Bug 94887 - Add import support for "Webarchive" files
Summary: Add import support for "Webarchive" files
Status: NEW
Alias: None
Product: LibreOffice
Classification: Unclassified
Component: LibreOffice (show other bugs)
Version:
(earliest affected)
unspecified
Hardware: Other All
: lowest enhancement
Assignee: Not Assigned
URL:
Whiteboard:
Keywords:
Depends on:
Blocks:
 
Reported: 2015-10-08 14:42 UTC by Bastien Nocera
Modified: 2022-03-14 10:57 UTC (History)
2 users (show)

See Also:
Crash report or crash signature:


Attachments
webarchive example (36.04 KB, application/octet-stream)
2015-10-08 16:03 UTC, Bastien Nocera
Details
converted XML file (51.68 KB, text/plain)
2015-10-08 16:03 UTC, Bastien Nocera
Details

Note You need to log in before you can comment on or make changes to this bug.
Description Bastien Nocera 2015-10-08 14:42:16 UTC
Webarchives[1] are a way to save HTML and auxiliary data, such as images, in a bundle of data, similarly to the open MHTML format[2].

Adding support to LibreOffice would mean that users can open, and print those documents.

[1]: https://en.wikipedia.org/wiki/Webarchive
[2]: https://en.wikipedia.org/wiki/MHTML
Comment 1 Michael Stahl (allotropia) 2015-10-08 15:48:48 UTC
wikipedia says, "The webarchive format is a concatenation of source files with filenames saved in the binary plist format using NSKeyedArchiver."

that sounds pretty crazily platform-specific, and it's only supported by a niche web browser (Safari).

back in the day, Konqueror had these ".war" files, which is the same idea but as a sane plain standard PK-ZIP file.
Comment 2 Bastien Nocera 2015-10-08 15:52:50 UTC
(In reply to Michael Stahl from comment #1)
> wikipedia says, "The webarchive format is a concatenation of source files
> with filenames saved in the binary plist format using NSKeyedArchiver."
> 
> that sounds pretty crazily platform-specific, and it's only supported by a
> niche web browser (Safari).

It's not niche on OS X. It's certainly less niche than Numbers, Pages or Keynote support (which has a lesser percentage of OSX users).

> back in the day, Konqueror had these ".war" files, which is the same idea
> but as a sane plain standard PK-ZIP file.

Right. Except that the problem isn't creating but consuming those files.
Comment 3 Bastien Nocera 2015-10-08 16:03:21 UTC
(In reply to Bastien Nocera from comment #2)
> (In reply to Michael Stahl from comment #1)
> > wikipedia says, "The webarchive format is a concatenation of source files
> > with filenames saved in the binary plist format using NSKeyedArchiver."
> > 
> > that sounds pretty crazily platform-specific, and it's only supported by a
> > niche web browser (Safari).
> 
> It's not niche on OS X. It's certainly less niche than Numbers, Pages or
> Keynote support (which has a lesser percentage of OSX users).

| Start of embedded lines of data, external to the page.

-- ===== src/Server/Snapshot/Versions.antt =====
-- The version of a snapshot stands for its value, through every history of a source.
use shamichan.Prelude.{
  ℕ, ◌+◌, ◌%◌, ◌^◌, ◌≤◌, ◌<◌, ◌≡◌, refl, sym, ap, subst, get_elem?, All-get_elem?, ◌&&◌, ◌∙◌, List,
  [], ◌∷◌, Option, none, some, true, if◌then◌else◌, ◌==◌, arith, All, length,
}
use shamichan.Server.Snapshot.{
  Snapshot, SnapshotSource, new, snapshot_of, snapshot, deref_mut, is_some, source_eq, snapshot_eq,
}

-- What a holder of a source does with it.
pub data Use {ℓ} (T : Type ℓ) : Type ℓ where
  take : Use T
  write : (T → T) → Use T

-- A source, and the snapshots that were taken of it, the newest first.
abbrev pub History {ℓ} : Type ℓ → Type ℓ
History T = SnapshotSource T × List (Snapshot T)

module _ {ℓ} {T : Type ℓ} where
  abbrev pub step : History T → Use T → History T
  step (s, taken) take = ((snapshot s).0, (snapshot s).1 ∷ taken)
  step (s, taken) (write f) = (deref_mut f s, taken)

  abbrev pub run : History T → List (Use T) → History T
  run h [] = h
  run h (u ∷ us) = run (step h u) us

  abbrev Known : (ℕ → T) → ℕ → Snapshot T → Type ℓ
  Known value version p = (p.val ≡ value p.snapshot_version) × (p.snapshot_version ≤ version)

  abbrev Current : (ℕ → T) → SnapshotSource T → Option (Snapshot T) → Type ℓ
  Current value s none = Unit
  Current value s (some p) =
      (p.val ≡ s.val)
      × (p.snapshot_version ≡ s.snapshot_version)
      × (value s.snapshot_version ≡ s.val)

  -- Some assignment of values to versions fits all that was taken, and the saved snapshot.
  abbrev Inv : (ℕ → T) → History T → Type ℓ
  Inv value (s, taken) =
      All (Known value s.snapshot_version) taken × Current value s s.last_snapshot

  extend : (ℕ → T) → ℕ → T → ℕ → T
  extend value n v k = if k == n then v else value k

  All-Known :
      (value : ℕ → T) (n m : ℕ) (v : T) (qs : List (Snapshot T))
      → n < m
      → All (Known value n) qs
      → All (Known (extend value m v) m) qs
  unfolding extend
  All-Known value n m v [] h a = tt
  All-Known value n m v (q ∷ qs) h (a, b) =
      ((ground arith, omega arith), All-Known value n m v qs h b)

  take-Inv :
      (value : ℕ → T) (s : SnapshotSource T) (taken : List (Snapshot T)) (o : Option (Snapshot T))
      → s.last_snapshot ≡ o
      → s.snapshot_version + 1 < 2 ^ 64
      → Inv value (s, taken)
      → (value' : ℕ → T) × Inv value' ((snapshot_of s o).0, (snapshot_of s o).1 ∷ taken)
  unfolding extend
  take-Inv value s taken none e h (a, c) =
      let n = s.snapshot_version in
      let m = (n + 1) % 2 ^ 64 in
      (
        extend value m s.val,
        (
          ((ground arith, omega arith), All-Known value n m s.val taken (omega arith) a),
          (refl, refl, ground arith),
        ),
      )
  take-Inv value s taken (some p) e h (a, c) =
      let (x, y, z) = subst (Current value s) e c in
      (value, (((x ∙ sym z ∙ ap value (sym y), omega arith), a), c))

  step-Inv :
      (value : ℕ → T) (h : History T) (u : Use T)
      → h.0.snapshot_version + 1 < 2 ^ 64
      → Inv value h
      → (value' : ℕ → T) × Inv value' (step h u)
  unfolding snapshot deref_mut
  step-Inv value (s, taken) take b i = take-Inv value s taken s.last_snapshot refl b i
  step-Inv value (s, taken) (write f) b (a, c) = (value, (a, tt))

  step_version :
      (h : History T) (u : Use T)
      → h.0.snapshot_version + 1 < 2 ^ 64
      → (step h u).0.snapshot_version ≤ h.0.snapshot_version + 1
  unfolding snapshot deref_mut
  step_version (s, taken) take b = ground arith
  step_version (s, taken) (write f) b = omega arith

  run-Inv :
      (us : List (Use T)) (value : ℕ → T) (h : History T)
      → h.0.snapshot_version + length us < 2 ^ 64
      → Inv value h
      → (value' : ℕ → T) × Inv value' (run h us)
  run-Inv [] value h b i = (value, i)
  run-Inv (u ∷ us) value h b i =
      let room : h.0.snapshot_version + 1 < 2 ^ 64 = omega arith in
      let (value', i') = step-Inv value h u room i in
      run-Inv us value' (step h u) (omega (arith, step_version h u room)) i'

  equal_values :
      (value : ℕ → T) (h : History T) (i j : ℕ) (p q : Snapshot T)
      → Inv value h
      → get_elem? h.1 i ≡ some p
      → get_elem? h.1 j ≡ some q
      → snapshot_eq p q ≡ true
      → p.val ≡ q.val
  unfolding snapshot_eq
  equal_values value (s, taken) i j p q (a, c) gp gq e =
      let (x, _) = All-get_elem? (Known value s.snapshot_version) taken i p a gp in
      let (y, _) = All-get_elem? (Known value s.snapshot_version) taken j q a gq in
      let v : p.snapshot_version ≡ q.snapshot_version = ground arith in x ∙ ap value v ∙ sym y

  held_value :
      (value : ℕ → T) (s : SnapshotSource T) (p : Snapshot T) (o : Option (Snapshot T))
      → p.val ≡ value p.snapshot_version
      → Current value s o
      → (is_some o && s.snapshot_version == p.snapshot_version) ≡ true
      → p.val ≡ s.val
  held_value value s p none x c e = absurd (ground arith)
  held_value value s p (some q) x (_, _, z) e =
      let v : p.snapshot_version ≡ s.snapshot_version = ground arith in x ∙ ap value v ∙ z

  -- After every history of fewer than 2 ^ 64 uses of a new source, two of its snapshots that compare
  -- equal hold equal values.
  pub run-snapshot_eq :
      (v : T) (us : List (Use T)) (i j : ℕ) (p q : Snapshot T)
      → length us < 2 ^ 64
      → get_elem? (run (new v, []) us).1 i ≡ some p
      → get_elem? (run (new v, []) us).1 j ≡ some q
      → snapshot_eq p q ≡ true
      → p.val ≡ q.val
  unfolding new
  run-snapshot_eq v us i j p q b gp gq e =
      let (value, inv) = run-Inv us (λ _. v) (new v, []) (omega arith) (tt, tt) in
      equal_values value (run (new v, []) us) i j p q inv gp gq e

  -- After every history of fewer than 2 ^ 64 uses of a new source, a snapshot that the source compares
  -- equal to holds the value that the source has now.
  run-source_eq :
      (v : T) (us : List (Use T)) (i : ℕ) (p : Snapshot T)
      → length us < 2 ^ 64
      → get_elem? (run (new v, []) us).1 i ≡ some p
      → source_eq (run (new v, []) us).0 p ≡ true
      → p.val ≡ (run (new v, []) us).0.val
  unfolding source_eq new
  run-source_eq v us i p b gp e =
      let (value, inv) = run-Inv us (λ _. v) (new v, []) (omega arith) (tt, tt) in
      let s = (run (new v, []) us).0 in
      let taken = (run (new v, []) us).1 in
      held_value value s p s.last_snapshot
        (All-get_elem? (Known value s.snapshot_version) taken i p inv.0 gp).0 inv.1 e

I'm pretty sure we already have binary plist support in LO for those formats as well. So, given the example .webarchive file I'm about to attach, using the plistutil application available on Linux:
$ plistutil -i _iCloud.webarchive -o _iCloud.xml
$ file _iCloud.xml 
_iCloud.xml: XML document text

The XML file looks like it has the various parts in base64 format.

If MHTML, or .war is supported, the support for webarchive isn't far off.
Comment 4 Bastien Nocera 2015-10-08 16:03:39 UTC
Created attachment 119426 [details]
webarchive example
Comment 5 Bastien Nocera 2015-10-08 16:03:55 UTC
Created attachment 119427 [details]
converted XML file
Comment 6 Michael Stahl (allotropia) 2015-10-09 09:56:23 UTC
well it looks like a potential DLP feature, maybe David can tell us if this would fit into libetonyek...
Comment 7 Robinson Tryon (qubit) 2016-01-19 04:39:19 UTC
(In reply to Bastien Nocera from comment #2)
> > back in the day, Konqueror had these ".war" files, which is the same idea
> > but as a sane plain standard PK-ZIP file.
> 
> Right. Except that the problem isn't creating but consuming those files.

Updating Summary to reflect that this is a request for /import/ support.

(In reply to Michael Stahl from comment #6)
> well it looks like a potential DLP feature, maybe David can tell us if this
> would fit into libetonyek...

Importance is Lowest/Enhancement and this has been in UNCONFIRMED for a couple months, so I'll toss into NEW for now. We can move the bug to the DLP project or otherwise re-evaluate in the future.